In my problem, a functional depends on the function's antiderivative:

$$\mathcal{L}=\int dx \int_{-1}^x f(x')dx'.$$

How can I calculate ${\delta \mathcal{L}}/{\delta f}$ ? I tried to do it by definition:

$$\int \frac{\delta \mathcal{L}}{\delta f} \phi(x) dx = \left[\frac{dF[f+\epsilon\phi]}{d\epsilon}\right]_{\epsilon=0}.$$ However, after simplifying the right hand side I found out that the result cannot be factorized to $\int (...)\phi(x)dx$.

Denoting $F=\int_{-1}^xf(x')dx'$, I was also trying to use the chain rule, but did not succeed.

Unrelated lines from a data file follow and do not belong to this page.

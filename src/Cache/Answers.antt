-- ===== src/Cache/Answers.antt =====
-- What `get` and `write_and_get` hand out: a range of an object in one buffer, where they answer
-- that they succeed.
use cl_kmeans.Prelude.{
  ℕ, List, [], ◌∷◌, some, pos, ◌≡◌, inl, inr, refl, ◌∙◌, ap, subst, get_elem?-lt, ltb, ◌==◌,
  Option-cases, Ensures, Ensures-bind, Ensures-if, Ensures-ℤ, Ensures-map,
}
use cl_kmeans.Cache.State.{sub64, Queue, BufferDesc, Event, WaitList, Slot, Cache, slot_at}
use cl_kmeans.Cache.Find.{find_device_id, find_buffer_id, find_cache_slot, assign_cache_slot}
use cl_kmeans.Cache.Lock.{try_read_lock}
use cl_kmeans.Cache.Transfer.{Reply, write_slot, write_and_get, get_slot, get, fail}
use cl_kmeans.Cache.Lookup.{InRange, find_device_id-some, assign_cache_slot-free}
use cl_kmeans.Cache.Store.{Wrote, refused, stuck, done, write_slot-Wrote}
use cl_kmeans.Cache.Errors.{find_buffer_id_inside}

-- One buffer with the id `b` and `n` bytes of content.
abbrev pub OneBuffer : (b n : ℕ) → List BufferDesc → Type 0
OneBuffer b n buffers =
    (desc : BufferDesc) × (buffers ≡ desc ∷ []) × (desc.buffer_id ≡ b) × (desc.content_length ≡ n)

abbrev pub Answers : (b n : ℕ) → Reply → Type 0
Answers b n r = (k : ℕ) → r.code ≡ pos k → OneBuffer b n r.buffers

fail-Answers :
    (b n : ℕ) (buffers : List BufferDesc) (event : Event) (c : Cache)
    → Ensures (Answers b n) (fail buffers event c)
fail-Answers b n buffers event c k e = absurd cc

Wrote-Answers :
    (c : Cache) (queue : Queue) (did i oid buffer_id begin size : ℕ) (s : Slot) (r : Reply)
    (h : slot_at c did i ≡ some s)
    → Wrote c queue did i oid buffer_id begin size h r
    → Answers buffer_id size r
Wrote-Answers c queue did i oid buffer_id begin size s r h (refused _ e) k e' = absurd cc
Wrote-Answers c queue did i oid buffer_id begin size s r h (stuck _ e) k e' = absurd cc
Wrote-Answers c queue did i oid buffer_id begin size s r h (done w) k e' =
    (_, w.buffers, refl, refl)

module _ (c : Cache) (queue : Queue) (oid begin end : ℕ) (buffers : List BufferDesc) (event : Event)
    (wait_list : WaitList) (b : ℕ) (range : InRange c oid begin b) where
  abbrev size : ℕ
  size = sub64 end begin

  -- The id that a known device's lookup finds.
  id_found :
      (did : ℕ)
      → find_device_id c queue.device ≡ pos did
      → (find_buffer_id c did oid begin 0) ≡ (pos 1, b)
  id_found did known =
      let (dev, there, _) = find_device_id-some c queue.device known in
      find_buffer_id_inside c did oid begin 0 b range (get_elem?-lt c.device_info did there)

  write_slot-Answers :
      (did i buffer_id : ℕ)
      → assign_cache_slot c did oid ≡ some (pos i)
      → Ensures
          (Answers buffer_id size)
          (write_slot c queue did i oid buffer_id begin size buffers event wait_list)
  unfolding write_slot
  write_slot-Answers did i buffer_id a = elim (Option-cases (slot_at c did i)) [
    | inl e ↦ rw (e, write_slot) tt
    | inr (s, e) ↦
        Ensures-map (Wrote c queue did i oid buffer_id begin size e) (Answers buffer_id size)
          (λ r. Wrote-Answers c queue did i oid buffer_id begin size s r e) _
          (write_slot-Wrote c queue did i oid buffer_id begin size e buffers event wait_list
            (assign_cache_slot-free c did oid i a e).0)
  ]

  write_and_get-Answers :
      Ensures (Answers b size) (write_and_get c queue oid begin end buffers event wait_list)
  unfolding write_and_get
  write_and_get-Answers =
      Ensures-if (Answers b size) (ltb c.buffer_size size) _ _
        (λ _. fail-Answers b size buffers event c)
        λ _.
          Ensures-ℤ (Answers b size) (find_device_id c queue.device) _ _
            (λ did known.
              Ensures-ℤ (Answers b size) (find_buffer_id c did oid begin 0).0 _ _
                (λ _ _. Ensures-bind (Answers b size) (assign_cache_slot c did oid) _ λ assigned a.
                  Ensures-ℤ (Answers b size) assigned _ _
                    (λ i e.
                      subst
                        (λ z. Ensures (Answers z size) (
                          write_slot c queue did i oid (find_buffer_id c did oid begin 0).1 begin
                            size buffers event wait_list))
                        (ap (λ z. z.1) (id_found did known))
                        (write_slot-Answers did i _ (a ∙ ap some e)))
                    (λ _ _. fail-Answers b size buffers event c))
                (λ _ _. fail-Answers b size buffers event c))
            (λ _ _. fail-Answers b size buffers event c)

  get_slot-Answers :
      (did i buffer_id : ℕ)
      → Ensures (Answers buffer_id size) (get_slot c did i buffer_id size buffers event)
  unfolding get_slot
  get_slot-Answers did i buffer_id =
      Ensures-bind (Answers buffer_id size) (try_read_lock c did i) _ λ r _.
        Ensures-ℤ (Answers buffer_id size) r.0 _ _
          (λ _ _.
            Ensures-bind (Answers buffer_id size) (slot_at r.1 did i) _
              λ s _ k e. (_, refl, refl, refl))
          (λ _ _. fail-Answers buffer_id size buffers event r.1)

  -- `get` of a range that begins in an object, where it answers a code that is not negative,
  -- hands out one buffer with the length of the range, whose id is where the range begins in the
  -- object.
  pub get-Answers : Ensures (Answers b size) (get c queue oid begin end buffers event wait_list)
  unfolding get
  get-Answers =
      Ensures-if (Answers b size) (ltb c.buffer_size size) _ _
        (λ _. fail-Answers b size buffers event c)
        λ _.
          Ensures-ℤ (Answers b size) (find_device_id c queue.device) _ _
            (λ did known.
              Ensures-ℤ (Answers b size) (find_buffer_id c did oid begin 0).0 _ _
                (λ _ _.
                  Ensures-ℤ (Answers b size)
                    (find_cache_slot c did oid (find_buffer_id c did oid begin 0).1) _ _
                    (λ i _.
                      subst
                        (λ z. Ensures (Answers z size) (
                          get_slot c did i (find_buffer_id c did oid begin 0).1 size buffers event))
                        (ap (λ z. z.1) (id_found did known)) (get_slot-Answers did i _))
                    (λ m _.
                      Ensures-if (Answers b size) (m == 1) _ _ (λ _. write_and_get-Answers)
                        (λ _ k e. absurd cc)))
                (λ k e. let inside = id_found did known in absurd cc))
            (λ m _ k e. absurd cc)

In my actual problem I need to minimize $\mathcal{L}=\int dx\int \exp(-f(x'))dx'$.

Thanks,

Mikhail

Edit: Sorry, I should have been more specific from the beginning. The actual problem is find the functional gradient w.r.t. $f(x)$ of the following functional:

$$\mathcal{L} = \int_{-1}^1 dx \exp\left[\int_{-1}^x f(x')dx'\right]\beta(x).$$

Note, that the second integral is entirely inside of the exponent. $\beta(x)$ does not depend on f(x).

• You could set $g(x)=\int_{-1}^x f(x') dx'$ and then find $g$. Then $f(x)=g'(x)$. (But you say you tried that). For your concrete problem, there is probably no minimizer. (Hint: Consider $f(x)=n$ and let $n\to\infty$). Commented Aug 6, 2018 at 15:07
• Hi Kusma, I just did not quite understand the chain rule for functional derivative. I am interested how can I solve problems like this one using the tools of functional calculus Commented Aug 6, 2018 at 15:17
• I don't see that you need a chain rule here. If we have $\mathscr{L}=\int L(f,\int f(x')dx',x)dx$, we can set $F=\int f(x')dx'$ then $\mathscr{L}=\int L(F',F,x)dx$. We can forget for the moment how $F$ was defined, solve for $F$ using functional derivative and then recover $f=F'$. Commented Aug 6, 2018 at 15:55
• @Kusma, No, the way you describe will result in $\delta \mathcal{L} /\delta F$ that described in terms of $f$. It is different from $\delta \mathcal{L} /\delta f$. The relanshionship is manifested in the chain rule Commented Aug 7, 2018 at 13:55

1. OP first considers a functional $S\equiv {\cal L}$ of the form \begin{align}S[f]~=&~\int_a^b\!\mathrm{d}x \int_a^x\!\mathrm{d}x^{\prime} ~g\circ f(x^{\prime}) \cr ~=&~\iint_{[a,b]^2}\!\mathrm{d}x ~\mathrm{d}x^{\prime} ~\theta(x-x^{\prime})~g\circ f(x^{\prime}) \cr ~=&~ (b-x^{\prime}) \int_a^b\!\mathrm{d}x^{\prime}~g\circ f(x^{\prime}), \end{align} \tag{1a} where $\theta$ is the Heaviside step function and $g$ is a fixed function. (In OP's examples $g(y)=y$ and $g(y)=e^{-y}$ and $a=-1$.)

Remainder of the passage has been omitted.